Die Generalstaatsanwaltschaft Dresden warf den Angeklagten Landfriedensbruch im besonders schweren Fall und gefährliche Körperverletzung in elf Fällen vor und beantragte vor Gericht, die Angeklagten nach Jugendstrafrecht zu verwarnen beziehungsweise ihnen Arbeitsstunden aufzuerlegen. Die Verteidiger forderten Freispruch.

Die Kammer kam zwar zu dem Schluss, dass der vierte Angeklagte damals drei Personen beleidigte. Weil diese keinen Strafantrag stellten, war das Verfahren aber einzustellen.

Die Angeklagten sollen im September 2018 nach einem sogenannten Trauermarsch von AfD, Pegida und der rechtsextremen Vereinigung Pro Chemnitz gemeinsam mit anderen Teilnehmern einer Gegendemonstration angegriffen haben. Mehrere Menschen wurden damals verletzt.

Zuvor war Ende August 2018 am Rande des Chemnitzer Stadtfests ein Mann getötet worden, worauf es zu gewaltsamen Ausschreitungen in der sächsischen Stadt kam. Wegen des Tötungsdelikts wurde später ein Syrer zu neuneinhalb Jahren Haft verurteilt.

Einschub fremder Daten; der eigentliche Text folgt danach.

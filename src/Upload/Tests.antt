-- ===== src/Upload/Tests.antt =====
-- Uploads on small inputs.
use qftp.Prelude.{◌+◌, ◌-◌, bytes, none, some, [], ◌∷◌, All, nat_eq, list_eq, ◌≡◌, ◌≢◌, refl, arith}
use qftp.Paths.{FilePath, file_name}
use qftp.Upload.Quota.{Usage, commit_upload}
use qftp.Upload.Quota.Ledger.{Account, Balances}
use qftp.Upload.Quota.Enforced.{Reached, start, further, overwrite_drifts}
use qftp.Upload.Claims.{try_claim}
use qftp.Upload.Claims.Exclusive.{
  Reached as Claimed, start as unclaimed, further as next, began, IsDistinct, temp_paths,
  Reached-IsDistinct,
}

-- A user with a quota of 100 bytes and 40 bytes on disk uploads 60 and overwrites a file of 10.
abbrev at_start : Usage
at_start = record { used_bytes = 40; in_flight_bytes = 0; quota_bytes = some 100 }

abbrev uploading : Account
uploading = record {
  usage = record at_start { in_flight_bytes = 60 };
  stored = 40;
  live = record { reserved = 60; remaining = 60; prior = 0 } ∷ [];
}

uploading-Balances : Balances 100 uploading
uploading-Balances = record {
  quota = refl;
  in_flight = refl;
  charged = omega arith;
  within = omega arith;
  priors = omega arith;
}

overwrite_drifts_example :
    (commit_upload 60 uploading.usage).used_bytes - (40 + 60 - 10)
    ≡ uploading.usage.used_bytes - 40 + 10
overwrite_drifts_example =
    overwrite_drifts 100 (omega arith) uploading.usage 40 10 [] []
      (record { reserved = 60; remaining = 60; prior = 0 }) (omega arith) uploading-Balances

-- Two uploads, the second of them refused, and the first at its end.
abbrev target : FilePath
target = bytes "srv" ∷ bytes "a" ∷ []

abbrev other : FilePath
other = bytes "srv" ∷ bytes "b" ∷ []

both-Claimed : Claimed (try_claim other (try_claim target []).1).1 (other ∷ target ∷ [])
unfolding try_claim
both-Claimed =
    next (next unclaimed (began target [] [] refl))
      (began other (try_claim target []).1 (target ∷ []) refl)

both_named : All (λ p. file_name p ≢ none) (other ∷ target ∷ [])
unfolding file_name
both_named = (λ e. cc, (λ e. cc, tt))

Reached-IsDistinct_example :
    IsDistinct (other ∷ target ∷ []) × IsDistinct (temp_paths (other ∷ target ∷ []))
Reached-IsDistinct_example =
    Reached-IsDistinct (try_claim other (try_claim target []).1).1 (other ∷ target ∷ [])
      both-Claimed both_named
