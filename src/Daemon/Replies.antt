-- ===== src/Daemon/Replies.antt =====
-- src/simplecc/simplecc_daemon.rs: which requests are answered, and that they are.
use simplecc.Base.{refl, string_key}
use simplecc.Daemon.Request.{
  Request, request_id, initialize, shutdown, julia_activate_environment,
  julia_refresh_language_server, reload_configuration, did_change_watched_files, did_open,
  did_change, did_save, did_close, completion, hover, definition, references, code_action,
  organize_imports, execute_action, formatting, range_formatting, file_rename, prepare_rename,
  rename, signature_help, implementation, type_definition, document_symbol, workspace_symbol,
  document_highlight, inlay_hint, prepare_call_hierarchy, incoming_calls, outgoing_calls,
  selection_range, semantic_tokens_full, semantic_tokens_delta, semantic_tokens_range, code_lens,
  folding_range, linked_editing_range, completion_resolve, execute_code_lens,
  prepare_type_hierarchy, supertypes, subtypes, pull_diagnostics, install_server, list_installable,
  server_response,
}
use simplecc.Daemon.Answered.{
  never, always, Answered, for_each-Answered, ok_or_error-Answered, ok_or_skip-Answered,
  asks_client, asks_newest,
}
use simplecc.Daemon.Handle.{Readers, handle_request}
use simplecc.Daemon.Documents.{
  handle_did_open, handle_did_change, handle_did_save, handle_did_change_watched_files,
  handle_did_close, handle_server_response,
}
use simplecc.Daemon.Lifecycle.{
  handle_initialize, handle_shutdown, handle_julia_activate_environment,
  handle_julia_refresh_language_server, handle_reload_configuration, handle_install_request,
  handle_list_installable,
}
use simplecc.Daemon.Lookups.{
  handle_hover, handle_definition, handle_references, handle_implementation, handle_type_definition,
  handle_document_symbol, handle_workspace_symbol, handle_document_highlight, handle_inlay_hint,
}
use simplecc.Daemon.Hierarchies.{
  handle_prepare_call_hierarchy, handle_prepare_type_hierarchy, handle_incoming_calls,
  handle_outgoing_calls, handle_supertypes, handle_subtypes,
}
use simplecc.Daemon.Whole.{
  handle_selection_range, handle_semantic_tokens_full, handle_semantic_tokens_delta,
  handle_semantic_tokens_range, handle_folding_range, handle_linked_editing_range,
  handle_pull_diagnostics,
}
use simplecc.Daemon.Edits.{
  handle_completion, handle_completion_resolve, handle_signature_help, handle_code_action,
  handle_organize_imports, handle_execute_action, handle_execute_code_lens, handle_code_lens,
  handle_formatting, handle_range_formatting, handle_prepare_rename, handle_rename,
}
use simplecc.Daemon.Paths.{
  reply_kind, loaded-Answered, activate_environment-Answered, refresh_language_server-Answered,
  watched_files-Answered, for_filetype-Answered, respond-Answered, complete-Answered,
  definition-Answered, read_item-Answered, install_result-Answered, file_rename-Answered,
}

-- On every path of its handler a request is answered as its kind says, with its own id.
pub handle_request-Answered :
    (r : Readers) (req : Request)
    → Answered (reply_kind req) (request_id req) (handle_request r req)
unfolding handle_request request_id handle_initialize handle_shutdown
    handle_julia_activate_environment handle_julia_refresh_language_server
    handle_reload_configuration handle_did_change_watched_files handle_did_open handle_did_change
    handle_did_save handle_did_close handle_completion handle_hover handle_definition
    handle_references handle_code_action handle_organize_imports handle_execute_action
    handle_formatting handle_range_formatting handle_prepare_rename handle_rename
    handle_signature_help handle_implementation handle_type_definition handle_document_symbol
    handle_workspace_symbol handle_document_highlight handle_inlay_hint
    handle_prepare_call_hierarchy handle_incoming_calls handle_outgoing_calls handle_selection_range
    handle_semantic_tokens_full handle_semantic_tokens_delta handle_semantic_tokens_range
    handle_code_lens handle_folding_range handle_linked_editing_range handle_completion_resolve
    handle_execute_code_lens handle_prepare_type_hierarchy handle_supertypes handle_subtypes
    handle_pull_diagnostics handle_install_request handle_list_installable handle_server_response
handle_request-Answered r (initialize id root _ remote _ python_path python_lsp_path) =
    λ result. loaded-Answered id root remote python_path python_lsp_path result
handle_request-Answered r (shutdown id) =
    λ _ clients. for_each-Answered always id clients _ _ (λ _. (tt, refl, tt))
handle_request-Answered r (julia_activate_environment id language_id env_path) =
    activate_environment-Answered id language_id env_path
handle_request-Answered r (julia_refresh_language_server id language_id) =
    refresh_language_server-Answered id language_id
handle_request-Answered r (reload_configuration id _ _) =
    λ result. ok_or_error-Answered always id tt result _ (λ servers. (tt, refl, tt))
handle_request-Answered r (did_change_watched_files id changes) = watched_files-Answered id changes
handle_request-Answered r (did_open id _ _ _ _) =
    λ _ clients. for_each-Answered never id clients _ _ tt
handle_request-Answered r (did_change id _ _ _ _) = λ ft. for_filetype-Answered id ft _ _ tt
handle_request-Answered r (did_save id _ _) =
    λ ft. for_filetype-Answered id ft _ _ (λ clients. for_each-Answered never id clients _ _ tt)
handle_request-Answered r (did_close id _) = λ ft. for_filetype-Answered id ft _ _ tt
handle_request-Answered r
      (completion id uri _ line character max_items trigger_kind trigger_character sort_items) =
    λ found.
      complete-Answered id uri line character max_items trigger_kind trigger_character sort_items
        found
handle_request-Answered r (hover id _ language_id _ _) =
    asks_newest id language_id _
      (λ c result. ok_or_skip-Answered id result _ (λ found. (tt, refl, tt)))
handle_request-Answered r (definition id _ language_id _ _ symbol) =
    asks_client id language_id _ (λ c result.
      ok_or_error-Answered always id tt result _ (λ locs. definition-Answered id c symbol locs))
handle_request-Answered r (references id _ language_id _ _) =
    asks_client id language_id _
      (λ c result. ok_or_error-Answered always id tt result _ (λ found. (tt, refl, tt)))
handle_request-Answered r (code_action id _ language_id _ _ _ _ _) =
    asks_client id language_id _
      (λ c result. ok_or_error-Answered always id tt result _ (λ found. (tt, refl, tt)))
handle_request-Answered r (organize_imports id _ language_id) =
    asks_client id language_id _
      (λ c result. ok_or_error-Answered always id tt result _ (λ found. (tt, refl, tt)))
handle_request-Answered r (execute_action id _ _ language_id _) =
    asks_client id language_id _
      (λ c result. ok_or_error-Answered always id tt result _ (λ found. (tt, refl, tt)))
handle_request-Answered r (formatting id _ language_id _ _) =
    asks_client id language_id _
      (λ c result. ok_or_error-Answered always id tt result _ (λ found. (tt, refl, tt)))
handle_request-Answered r (range_formatting id _ language_id _ _ _ _ _ _) =
    asks_client id language_id _
      (λ c result. ok_or_error-Answered always id tt result _ (λ found. (tt, refl, tt)))
handle_request-Answered r (file_rename id old new directory phase identity) =
    file_rename-Answered r.address id old new directory phase identity
handle_request-Answered r (prepare_rename id _ language_id _ _) =
    asks_client id language_id _
      (λ c result. ok_or_error-Answered always id tt result _ (λ found. (tt, refl, tt)))
handle_request-Answered r (rename id _ language_id _ _ _) =
    asks_client id language_id _
      (λ c result. ok_or_error-Answered always id tt result _ (λ found. (tt, refl, tt)))
handle_request-Answered r (signature_help id _ language_id _ _) =
    asks_newest id language_id _
      (λ c result. ok_or_skip-Answered id result _ (λ found. (tt, refl, tt)))
handle_request-Answered r (implementation id _ language_id _ _) =
    asks_client id language_id _
      (λ c result. ok_or_error-Answered always id tt result _ (λ found. (tt, refl, tt)))
handle_request-Answered r (type_definition id _ language_id _ _) =
    asks_client id language_id _
      (λ c result. ok_or_error-Answered always id tt result _ (λ found. (tt, refl, tt)))
handle_request-Answered r (document_symbol id _ language_id) =
    asks_client id language_id _
      (λ c result. ok_or_error-Answered always id tt result _ (λ found. (tt, refl, tt)))
handle_request-Answered r (workspace_symbol id language_id _) =
    asks_newest id language_id _
      (λ c result. ok_or_skip-Answered id result _ (λ found. (tt, refl, tt)))
handle_request-Answered r (document_highlight id _ language_id _ _) =
    asks_newest id language_id _
      (λ c result. ok_or_skip-Answered id result _ (λ found. (tt, refl, tt)))
handle_request-Answered r (inlay_hint id _ language_id _ _) =
    asks_newest id language_id _
      (λ c result. ok_or_skip-Answered id result _ (λ found. (tt, refl, tt)))
handle_request-Answered r (prepare_call_hierarchy id _ language_id _ _) =
    asks_client id language_id _
      (λ c result. ok_or_error-Answered always id tt result _ (λ found. (tt, refl, tt)))
handle_request-Answered r (incoming_calls id language_id item) = asks_client id language_id _ (λ c.
    read_item-Answered id _ (r.call_item item) _
      (λ lsp_item result. ok_or_error-Answered always id tt result _ (λ found. (tt, refl, tt))))
handle_request-Answered r (outgoing_calls id language_id item) = asks_client id language_id _ (λ c.
    read_item-Answered id _ (r.call_item item) _
      (λ lsp_item result. ok_or_error-Answered always id tt result _ (λ found. (tt, refl, tt))))
handle_request-Answered r (selection_range id _ language_id _) =
    asks_client id language_id _
      (λ c result. ok_or_error-Answered always id tt result _ (λ found. (tt, refl, tt)))
handle_request-Answered r (semantic_tokens_full id _ language_id) =
    asks_client id language_id _
      (λ c result. ok_or_error-Answered always id tt result _ (λ found. (tt, refl, tt)))
handle_request-Answered r (semantic_tokens_delta id _ language_id) =
    asks_client id language_id _
      (λ c result. ok_or_error-Answered always id tt result _ (λ found. (tt, refl, tt)))
handle_request-Answered r (semantic_tokens_range id _ language_id _ _ _ _) =
    asks_client id language_id _
      (λ c result. ok_or_error-Answered always id tt result _ (λ found. (tt, refl, tt)))
handle_request-Answered r (code_lens id _ language_id) =
    asks_newest id language_id _
      (λ c result. ok_or_skip-Answered id result _ (λ found. (tt, refl, tt)))
handle_request-Answered r (folding_range id _ language_id) =
    asks_client id language_id _
      (λ c result. ok_or_error-Answered always id tt result _ (λ found. (tt, refl, tt)))
handle_request-Answered r (linked_editing_range id _ language_id _ _) =
    asks_client id language_id _
      (λ c result. ok_or_error-Answered always id tt result _ (λ found. (tt, refl, tt)))
handle_request-Answered r (completion_resolve id language_id _ _) =
    asks_client id language_id _
      (λ c result. ok_or_error-Answered always id tt result _ (λ found. (tt, refl, tt)))
handle_request-Answered r (execute_code_lens id language_id _ _ _) =
    asks_client id language_id _
      (λ c result. ok_or_error-Answered always id tt result _ (λ found. (tt, refl, tt)))
handle_request-Answered r (prepare_type_hierarchy id _ language_id _ _) =
    asks_client id language_id _
      (λ c result. ok_or_error-Answered always id tt result _ (λ found. (tt, refl, tt)))
handle_request-Answered r (supertypes id language_id item) = asks_client id language_id _ (λ c.
    read_item-Answered id _ (r.type_item item) _
      (λ lsp_item result. ok_or_error-Answered always id tt result _ (λ found. (tt, refl, tt))))
handle_request-Answered r (subtypes id language_id item) = asks_client id language_id _ (λ c.
    read_item-Answered id _ (r.type_item item) _
      (λ lsp_item result. ok_or_error-Answered always id tt result _ (λ found. (tt, refl, tt))))
handle_request-Answered r (pull_diagnostics id _ language_id) =
    asks_newest id language_id _
      (λ c server result. ok_or_skip-Answered id result _ (λ items. (tt, refl, tt)))
handle_request-Answered r (install_server id server) =
    λ result. install_result-Answered id server result
handle_request-Answered r (list_installable _) = λ servers. (tt, refl, tt)
handle_request-Answered r (server_response id _ request_id result) =
    λ found. respond-Answered id found request_id result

In einem ersten Prozess wegen des damaligen Geschehens stellte das Landgericht im Januar 2024 das Verfahren gegen drei verbliebene von ursprünglich neun Angeklagten ein. Sie mussten jeweils 1000 Euro an soziale Einrichtungen zahlen. Zuvor hatte sich die Zahl der Angeklagten bereits dezimiert, unter anderem wegen Verfahrenseinstellungen oder weil ein Angeklagter untergetaucht und ein anderer in der Psychiatrie war.

Ein dritter Prozess in dem Komplex gegen zwei weitere mutmaßliche Beteiligte der Ausschreitungen soll nach Gerichtsangaben am 8. September beginnen.